Нанофизические эксперименты с одиночными атомами и молекулами стали с начала 1990-х годов разнообразнее и многочисленнее. Они позволяли изучать «нижний мир» напрямую, непосредственно исследуя физические явления, наблюдаемые при помощи тех материальных средств, которые имелись в распоряжении ученых и которые оказывались подходящими для условий конкретного эксперимента. Главное, чтобы был один атом или одиночная молекула и этого хватало. К любой трудности приходилось приспосабливаться, то есть находить — а то и изобретать — подходящий измерительный прибор. В нашем случае каждый раз искать или придумывать такой прибор, который смог бы дать нужные сведения об интересующем нас объекте. А раз объект чрезвычайно мал, то напрашивалось решение встраивать в большой прибор приборчик поменьше, потом еще меньше — на манер русских матрешек. До тех пор, пока не получится прибор, способный работать с молекулой.
Все эти эксперименты открыли перед наукой новое поле познания и положили начало новому научно-исследовательскому проекту. Первая цель проекта — поощрение разработок, нацеленных на создание экспериментальных установок, строящихся из считаных атомов — атом за атомом — или состоящих из одной-единственной молекулы. Что важно: речь не о потугах сделать примерно то же, что мы умеем и к чему мы привыкли на макроуровне, то есть то, что мы видим и делаем в нашем мире, но только совсем уж в микроскопическом масштабе. Нет, новизна нанопроекта заключается в том, что иные из наноустановок могут иметь гносеологический смысл: иначе говоря, есть шанс, что они заставят нас пересмотреть известные ныне законы физики или как-то их переформулировать — просто потому, что «нашим физическим законам» они не всегда подчиняются. Примеры тому будут рассмотрены в следующей главе.

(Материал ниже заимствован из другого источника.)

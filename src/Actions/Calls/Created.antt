-- ===== src/Actions/Calls/Created.antt =====
-- A new action in the eyes of a replica: its event carries the whole record.
use Prim.Native.String.{◌++◌ as append}
use agents_reality_layer.Prelude.{
  string_eq, String, false, none, some, [], ◌∷◌, ◌++◌, ◌≡◌, refl, sym, subst, ◌∙◌, ◌==◌, ==_iff,
  beq_refl, inl, inr, Bool-cases, arith,
}
use agents_reality_layer.Dict
use agents_reality_layer.Dict.Laws.{get-put_self}
use agents_reality_layer.Json.{Platform, Object}
use agents_reality_layer.Errors.{ok}
use agents_reality_layer.Actions.Models.{ActionProposal, provider_accepted, validate_proposal}
use agents_reality_layer.Actions.Policy.{Context}
use agents_reality_layer.Actions.Events.{ActionEventRecord, dump_decision, dump_proposal}
use agents_reality_layer.Actions.Events.Roundtrip.{evaluated_dumped}
use agents_reality_layer.Actions.Audit.Append.{events_of-append_event}
use agents_reality_layer.Actions.Service.{
  StoredAction, ActionService, owned_action, events_of, next_event,
}
use agents_reality_layer.Actions.Service.Lifecycle.{Fresh, propose_new}
use agents_reality_layer.Actions.Service.Restore.{
  keep_event, holds_event, restore_proposal, restore,
}
use agents_reality_layer.Actions.Calls.{Effect, same, moved, accepted, noted, created}
use agents_reality_layer.Actions.Calls.Owned.{
  owned_action_found, get-set_status, actions-append_event, get-propose_new, new_action,
}

-- what a replica makes of the event of a proposal, whatever it held
get-restore_proposal :
    (py : Platform) (r : ActionService) (e : ActionEventRecord) (a : StoredAction)
    → e.event_type ≡ "policy_evaluated"
    → e.payload
      ≡ ("decision", dump_decision a.decision) ∷ ("proposal", dump_proposal a.proposal) ∷ []
    → e.actor_role ≡ a.proposer_role
    → e.tenant_id ≡ a.tenant_id
    → validate_proposal a.proposal ≡ ok a.proposal
    → holds_event r e.event_id ≡ false
    → Dict.get (restore py r e).1.actions e.action_id ≡ some a
unfolding restore keep_event restore_proposal Dict.get
get-restore_proposal py r e a kind payload role tenant valid new =
    rw (new, restore)
      (rw kind (
        rw (evaluated_dumped e a.proposal a.decision payload valid, restore_proposal)
          (get-put_self r.actions e.action_id _ ∙ rw (role, tenant) refl)))

module _ (py : Platform) (r : ActionService) (i : String) where
  -- One event was appended for the action, which a replica that restores it holds with the same
  -- record.
  abbrev pub Added : ActionService → ActionService → StoredAction → Type 0
  Added s s' a' =
      (e : ActionEventRecord) × (events_of s' i ≡ events_of s i ++ e ∷ [])
      × (Dict.get (restore py r e).1.actions i ≡ some a')

  -- a status is written for an action that is there
  not_written :
      (s : ActionService) (j t : String) {action : StoredAction}
      → Dict.get s.actions j ≡ some action
      → Dict.get s.actions i ≡ none
      → (j == i) ≡ false
  not_written s j t g n = ground (arith, ==_iff j i)

Added-propose_new :
    (py : Platform) (r s : ActionService) (proposal : ActionProposal) (role t : String)
    (context : Context) (fresh : Fresh)
    → holds_event r (append "evt_" fresh.event_hex) ≡ false
    → validate_proposal proposal ≡ ok proposal
    → Added py r
        (append "act_" fresh.action_hex)
        s
        (propose_new py s proposal role t context fresh).1
        (new_action py proposal role t context fresh)
unfolding propose_new next_event
Added-propose_new py r s proposal role t context fresh unknown valid =
    let i = append "act_" fresh.action_hex in
    let a = new_action py proposal role t context fresh in
    let payload : Object =
      ("decision", dump_decision a.decision) ∷ ("proposal", dump_proposal proposal) ∷ [] in
    let e = next_event py (events_of s i) t i "policy_evaluated" role payload fresh.event_hex in
    (
      e,
      events_of-append_event py _ t i "policy_evaluated" role payload fresh.event_hex i
          ∙ rw (beq_refl i) refl,
      get-restore_proposal py r e a refl refl refl refl valid unknown,
    )

-- a status is written for an action that is there
no_write :
    (s : ActionService) (i j t : String) {action : StoredAction}
    → owned_action s j t ≡ ok action
    → Dict.get s.actions i ≡ none
    → (j == i) ≡ false
no_write s i j t h n = ground (arith, owned_action_found s j t h, ==_iff j i)

pub Effect-Added :
    {py : Platform} {s : ActionService} {t hex : String} {s' : ActionService} {a' : StoredAction}
    (r : ActionService) (i : String)
    → Effect py s t hex s'
    → holds_event r (append "evt_" hex) ≡ false
    → Dict.get s.actions i ≡ none
    → Dict.get s'.actions i ≡ some a'
    → validate_proposal a'.proposal ≡ ok a'.proposal
    → Added py r i s s' a'
Effect-Added r i same unknown g g' valid = absurd (ground arith)
Effect-Added {s = s} {t} r i (moved j action status reason event_type role payload h e k) unknown g
      g' valid =
    let w = rw actions-append_event at g' in
    absurd (ground (arith, no_write s i j t h g, get-set_status s j action status reason i))
Effect-Added {s = s} {t} r i (accepted j action receipt h e n) unknown g g' valid =
    let w = rw actions-append_event at g' in
    absurd (
      ground (
        arith,
        no_write s i j t h g,
        get-set_status s j action provider_accepted "Provider accepted write." i,
      ))
Effect-Added {s = s} {t} r i (noted j action payload h e) unknown g g' valid =
    let w = rw actions-append_event at g' in absurd (ground arith)
Effect-Added {py} {s = s} {t} {s' = s'} {a' = a'} r i (created proposal role context fresh new n h)
      unknown g g' valid =
    let w = rw get-propose_new at g' in
    elim (Bool-cases (append "act_" fresh.action_hex == i)) [
      | inr m ↦ absurd (ground arith)
      | inl y ↦
          let made : new_action py proposal role t context fresh ≡ a' = ground arith in
          subst (λ x. Added py r x s (propose_new py s proposal role t context fresh).1 a')
            ((==_iff (append "act_" fresh.action_hex) i).0 y)
            (subst
              (λ x.
                Added py r (append "act_" fresh.action_hex) s
                  (propose_new py s proposal role t context fresh).1 x)
              made
              (Added-propose_new py r s proposal role t context fresh
                (subst (λ x. holds_event r (append "evt_" x) ≡ false) (sym h) unknown)
                (subst (λ x. validate_proposal x.proposal ≡ ok x.proposal) (sym made) valid)))
    ]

Вторая цель более фундаментальна. Изготавливая приборы на квантовом уровне, физики имеют все основания полагать, что смогут увидеть квантовый мир под таким углом зрения, под которым он еще не рассматривался. Выходит, что мы в начале XXI века должны будем неким новым образом испытать все здание квантовой механики. Не означает ли это рождение некой новой научной дисциплины — нанонауки? С новыми законами, вытекающими из манипуляций с веществом атом за атомом? За многие века выработано множество новаторских экспериментальных приемов, но вот новых наук родилось куда меньше. Но, если по ходу исследования «мира внизу» наблюдается какое-то новое явление, которое квантовые законы объяснить не могут, что это, если не рождение новой науки — науки нанометрических масштабов, то есть нанонауки? Ну а если это не так, то ни к чему и изобретать новые ярлыки для области, пусть новой, но вполне поддающейся изучению привычными техническими методами, пускай и предлагаемыми некоторой технологией, тоже новой. Вот ее пусть и называют нанотехнологией. Но не нанонаукой.